Can you guys tell me about the quality of the East German shotguns made by these brands? Were they decent guns? They look awfully similar to one another. I've read they were built in the Thalmann factory and stamped with either name.
JP Sauer & Sohn SXS: http://www.shop.tradeexcanada.com/sites/default/files/imagecache/product/14211.png
These folks don't think too much of them; speaking of the DDR/East German guns.
May 10, 2012, 01:51 PM
Thanks for that link, lots of good info there. The link to http://www.simpsonltd.com/ looks entertaining too, interms of wanting to go there and snoop through the piles. Bound to be something acceptable hiding in between the crufties ;)
May 11, 2012, 01:19 PM
They are junk and unsafe...please immediately ship them to me for proper disposal!
In all seriousness these are well made brands and I would be happy to own any of them.
May 11, 2012, 08:46 PM
How about the older AyA Spanish shotguns? The No.3 and No.4.
May 11, 2012, 08:51 PM
I have one. Decent shotgun, but steel is a bit soft for lots of shooting. It shoots loose earlier then many other guns. In its day it was a nice gun for the price.
May 12, 2012, 03:11 AM
Is the steel in the East German shotguns up to the task of shooting lots of clays? Of the 3 above, Sauer, Merkel, and Simson, which is the best GDR shotgun?
May 12, 2012, 11:55 AM
Look for West-German vintage J.P. Sauer (ejector version goes by 'Royal') it's very stout construction and heavy enough not to loosen all your tooth fillings when you shoot if you have them. The price for clean one was about $1200 five years ago therefore it should be worth about $1000 today (those sell like "penicillin laced" bread).

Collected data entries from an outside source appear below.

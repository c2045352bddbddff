-- ===== src/Paperspoon/Server/Tokens.antt =====
-- The token of the current connection is one that was handed out.
use rust_x11_hello.Prelude.{
  ℕ, ◌≤◌, ◌<◌, arith, List, [], ◌∷◌, Bool, true, false, ◌&&◌, not, Option, none, some,
  if◌then◌else◌,
}
use rust_x11_hello.Protocol.Frame.{PixelFormat}
use rust_x11_hello.Protocol.Payload.{supports}
use rust_x11_hello.Paperspoon.Server.{
  ActiveConnection, Server, empty_server, FrameTarget, FrameForward, install, install_for_hello,
  check_target, holds_token, set_active_viewport,
}
use rust_x11_hello.Paperspoon.Server.Fate.{
  ServerOp, hello, resize, clear, forward, server_step, server_after, resize-active, clear-active,
  refused_or_sent, forwarded, forward-active, server_step-next,
}

-- The token of the current connection has been handed out.
abbrev pub IsUsed : Option ActiveConnection → ℕ → Type 0
IsUsed none next = Unit {0}
IsUsed (some a) next = a.token < next

resized-IsUsed :
    (o : Option ActiveConnection) (b : Bool) (v : ℕ × ℕ) (n : ℕ)
    → IsUsed o n
    → IsUsed (if b then set_active_viewport v o else o) n
unfolding set_active_viewport
resized-IsUsed none true v n u = u
resized-IsUsed (some a) true v n u = u
resized-IsUsed o false v n u = u

cleared-IsUsed :
    (o : Option ActiveConnection) (b : Bool) (n : ℕ) → IsUsed o n → IsUsed (if b then none else o) n
cleared-IsUsed o true n u = tt
cleared-IsUsed o false n u = u

refused_or_sent-IsUsed :
    (writes : ℕ → Bool) (format : PixelFormat) (a : ActiveConnection) (o : Option FrameForward)
    (n : ℕ)
    → a.token < n
    → IsUsed (refused_or_sent writes format a o) n
refused_or_sent-IsUsed writes format a none n u =
    cleared-IsUsed (some a) (supports a.pixel_formats format && not (writes a.stream)) n u
refused_or_sent-IsUsed writes format a (some refused) n u = u

forwarded-IsUsed :
    (writes : ℕ → Bool) (format : PixelFormat) (target : Option FrameTarget)
    (o : Option ActiveConnection) (n : ℕ)
    → IsUsed o n
    → IsUsed (forwarded writes format target o) n
forwarded-IsUsed writes format target none n u = u
forwarded-IsUsed writes format target (some a) n u =
    refused_or_sent-IsUsed writes format a (check_target a target) n u

IsUsed-mono : (o : Option ActiveConnection) {m n : ℕ} → m ≤ n → IsUsed o m → IsUsed o n
IsUsed-mono none h u = tt
IsUsed-mono (some a) h u = omega (arith, h, u)

server_step-IsUsed :
    (s : Server) (op : ServerOp)
    → IsUsed s.active s.next_token
    → IsUsed (server_step s op).active (server_step s op).next_token
server_step-IsUsed s (hello stream formats viewport) u =
    unfold server_step install_for_hello install in omega arith
server_step-IsUsed s (resize c v) u =
    IsUsed-mono _ (server_step-next s (resize c v))
      (rw (resize-active s c v) (resized-IsUsed s.active (holds_token s.active c) v s.next_token u))
server_step-IsUsed s (clear c) u =
    IsUsed-mono _ (server_step-next s (clear c))
      (rw (clear-active s c) (cleared-IsUsed s.active (holds_token s.active c) s.next_token u))
server_step-IsUsed s (forward writes bytes format target) u =
    IsUsed-mono _ (server_step-next s (forward writes bytes format target)) (
      rw (forward-active s writes bytes format target).0
        (forwarded-IsUsed writes format target s.active s.next_token u))

pub server_after-IsUsed :
    (past : List ServerOp)
    → IsUsed (server_after empty_server past).active (server_after empty_server past).next_token
unfolding server_after
server_after-IsUsed [] = tt
server_after-IsUsed (op ∷ past) =
    server_step-IsUsed (server_after empty_server past) op (server_after-IsUsed past)
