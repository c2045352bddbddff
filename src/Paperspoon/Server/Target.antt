-- ===== src/Paperspoon/Server/Target.antt =====
-- A frame that was drawn for a connection and its viewport is sent to that connection in that
-- viewport, or to none.
use mathlib.Core.Path.{subst}
use rust_x11_hello.Prelude.{
  ℕ, ◌≡◌, ◌≢◌, ◌<◌, ◌↔◌, inl, inr, refl, arith, List, ◌∷◌, Bool, true, false, Option, none, some,
  ok, Bool-cases, ap, sym, ◌∙◌,
}
use rust_x11_hello.Protocol.Frame.{PixelFormat}
use rust_x11_hello.Protocol.Payload.{supports}
use rust_x11_hello.Paperspoon.Server.{
  ActiveConnection, Server, empty_server, FrameTarget, sent, target_in, target_of, frame_target_in,
  frame_target, shows, check_target, write_active, forward_active, forward_locked,
  forward_frame_inner, forward_frame_to, holds_token,
}
use rust_x11_hello.Paperspoon.Server.Fate.{ServerOp, server_after, fate, Follows}
use rust_x11_hello.Paperspoon.Server.Follows.{server_after-Follows}
use rust_x11_hello.Paperspoon.Server.Tokens.{IsUsed, server_after-IsUsed}

-- `a` is the connection that `target` was drawn for.
pub record IsTargetOf (format : PixelFormat) (target : FrameTarget) (a : ActiveConnection)
    : Type 0 where
  pub token : a.token ≡ target.token
  pub viewport : a.viewport ≡ some target.viewport
  pub supported : supports a.pixel_formats format ≡ true

target_in-eq-ok :
    (token : ℕ) (o : Option (ℕ × ℕ)) {target : FrameTarget}
    → target_in token o ≡ ok target
    → (token ≡ target.token) × (o ≡ some target.viewport)
unfolding target_in
target_in-eq-ok token none e = absurd (ground arith)
target_in-eq-ok token (some v) e = ground arith

frame_target_in-IsTargetOf :
    (format : PixelFormat) (o : Option ActiveConnection) {target : FrameTarget}
    → frame_target_in format o ≡ ok target
    → (a : ActiveConnection) × (o ≡ some a) × IsTargetOf format target a
unfolding frame_target_in target_of
frame_target_in-IsTargetOf format none e = absurd (ground arith)
frame_target_in-IsTargetOf format (some a) {target} e =
    elim (Bool-cases (supports a.pixel_formats format)) [
      | inl can ↦
          let (token, viewport) = target_in-eq-ok a.token a.viewport (rw can at e) in
          (a, refl, record { token = token; viewport = viewport; supported = can })
      | inr cannot ↦ absurd (ground (arith, cannot, e))
    ]

module _ (a : ActiveConnection) (format : PixelFormat) (target : FrameTarget)
    (is : IsTargetOf format target a) (writes : ℕ → Bool) (s : Server) (bytes : List ℕ) where
  -- On the connection of the target, in viewport `v`
  forward_same :
      (v : ℕ × ℕ)
      → writes a.stream ≡ true
      → ((forward_locked writes s bytes format
            (some target)
            (some (record a { viewport = some v }))).0
          ≡ ok sent)
        ↔ (shows (some v) target.viewport ≡ true)
  unfolding forward_locked forward_active check_target write_active
  forward_same v takes = ground (arith, is.token, is.supported, takes)

  forward_other :
      (o : Option ActiveConnection)
      → holds_token o a.token ≡ false
      → (forward_locked writes s bytes format (some target) o).0 ≢ ok sent
  unfolding forward_locked forward_active check_target holds_token
  forward_other none other e = ground arith
  forward_other (some b) other e = ground (arith, is.token)

  -- A frame that is sent goes whole to the socket of the connection that it was sent on.
  forward_same-stream :
      (v : ℕ × ℕ)
      → (forward_locked writes s bytes format
          (some target)
          (some (record a { viewport = some v }))).0
        ≡ ok sent
      → (forward_locked writes s bytes format
          (some target)
          (some (record a { viewport = some v }))).1.sent
        ≡ (a.stream, bytes) ∷ s.sent
  unfolding forward_locked forward_active check_target write_active
  forward_same-stream v e = ground (arith, is.token, is.supported)

  forward_by_fate :
      (o : Option (ℕ × ℕ)) (active : Option ActiveConnection)
      → Follows a o active
      → (writes a.stream ≡ true
          → ((forward_locked writes s bytes format (some target) active).0 ≡ ok sent)
            ↔ (shows o target.viewport ≡ true))
        × ((forward_locked writes s bytes format (some target) active).0 ≡ ok sent
            → (forward_locked writes s bytes format (some target) active).1.sent
              ≡ (a.stream, bytes) ∷ s.sent)
  forward_by_fate (some v) active e =
      subst
        (λ now.
          (writes a.stream ≡ true
            → ((forward_locked writes s bytes format (some target) now).0 ≡ ok sent)
              ↔ (shows (some v) target.viewport ≡ true))
          × ((forward_locked writes s bytes format (some target) now).0 ≡ ok sent
              → (forward_locked writes s bytes format (some target) now).1.sent
                ≡ (a.stream, bytes) ∷ s.sent))
        (sym e) (forward_same v, forward_same-stream v)
  forward_by_fate none active e = (
    λ takes. ((λ done. absurd (forward_other active e done)), λ shown. absurd (ground arith)),
    λ done. absurd (forward_other active e done),
  )

same_connection :
    (a : ActiveConnection) (v : ℕ × ℕ) → a.viewport ≡ some v → a ≡ record a { viewport = some v }
same_connection a v e = ap (λ o. record a { viewport = o }) e

-- Whatever the other threads did before and after PaperSpoon chose a target, a frame for it is sent
-- exactly if the connection that it was chosen for is still the current one and has the target's
-- viewport now, provided that its socket takes the bytes; and a frame that is sent goes whole to
-- that connection's socket.
pub forward_frame_to_iff :
    (past ops : List ServerOp) (format : PixelFormat) {target : FrameTarget} (writes : ℕ → Bool)
    (bytes : List ℕ)
    → frame_target (server_after empty_server past) format ≡ ok target
    → (a : ActiveConnection) × ((server_after empty_server past).active ≡ some a)
      × (writes a.stream ≡ true
          → ((forward_frame_to writes
                (server_after (server_after empty_server past) ops)
                bytes
                format
                target).0
              ≡ ok sent)
            ↔ (shows (fate a target.viewport ops) target.viewport ≡ true))
      × ((forward_frame_to writes
              (server_after (server_after empty_server past) ops)
              bytes
              format
              target).0
            ≡ ok sent
          → (forward_frame_to writes
              (server_after (server_after empty_server past) ops)
              bytes
              format
              target).1.sent
            ≡ (a.stream, bytes) ∷ (server_after (server_after empty_server past) ops).sent)
unfolding frame_target forward_frame_to forward_frame_inner
forward_frame_to_iff past ops format {target} writes bytes e =
    let start = server_after empty_server past in
    let (a, active, is) = frame_target_in-IsTargetOf format start.active e in
    let used : a.token < start.next_token =
      subst (λ o. IsUsed o start.next_token) active (server_after-IsUsed past) in
    let follows =
      server_after-Follows a start target.viewport ops used
        (active ∙ ap some (same_connection a target.viewport is.viewport)) in
    let by =
      forward_by_fate a format target is writes (server_after start ops) bytes
        (fate a target.viewport ops) (server_after start ops).active follows in
    (a, active, by.0, by.1)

The problem with current German stuff is high cost while the old East-German guns were light in weight and tight in choke. The usual full---fuller is only useful when birdy is flying away and the gun is still slung over the shoulder by the strap. Now you know the riddle between tight chokes and presence of sling swivels on ole' German doppelflinten.:banghead:
May 12, 2012, 03:32 PM
Right but was East German steel good? Will it withstand to clay games and hunting?
I guess one of the barrels could be opened up to modified. I just don't want to have the gun and not be reliable.
May 12, 2012, 04:04 PM
Yes those will hold up well most having Purdey double underbites and Greener x-bolt (the least expensive 'Suhler' extractor models can be found w/o X-bolt) but I would use light loads due to low gun weight. Although made at VEB Ernst Thallman Werke like Merkel the Simson branded weapon will tend to be least expensive simply because many will be confused by strange name. Another sleeper is Husqvarna 350 series A&D gun. Last one I have seen was priced at $500 at which it's impossible to go wrong and on upside those are put together more like British game guns (ie. easier on the eye).
May 12, 2012, 04:11 PM
PS. French rendition is called Manufrance 'Robust'.
May 12, 2012, 09:09 PM
What are the purdy underbite and greener xbolt?
Have you heard of the Thalmann 125 model?
May 13, 2012, 09:38 PM
Purdey underbites are two lumps under the barrels with which those are fastened to the action when the gun is closed. The x-bolt is top fastener between barrels at breech end through which round bolt fits to further secure action to the barrels. Thalmann 125 does not ring a bell.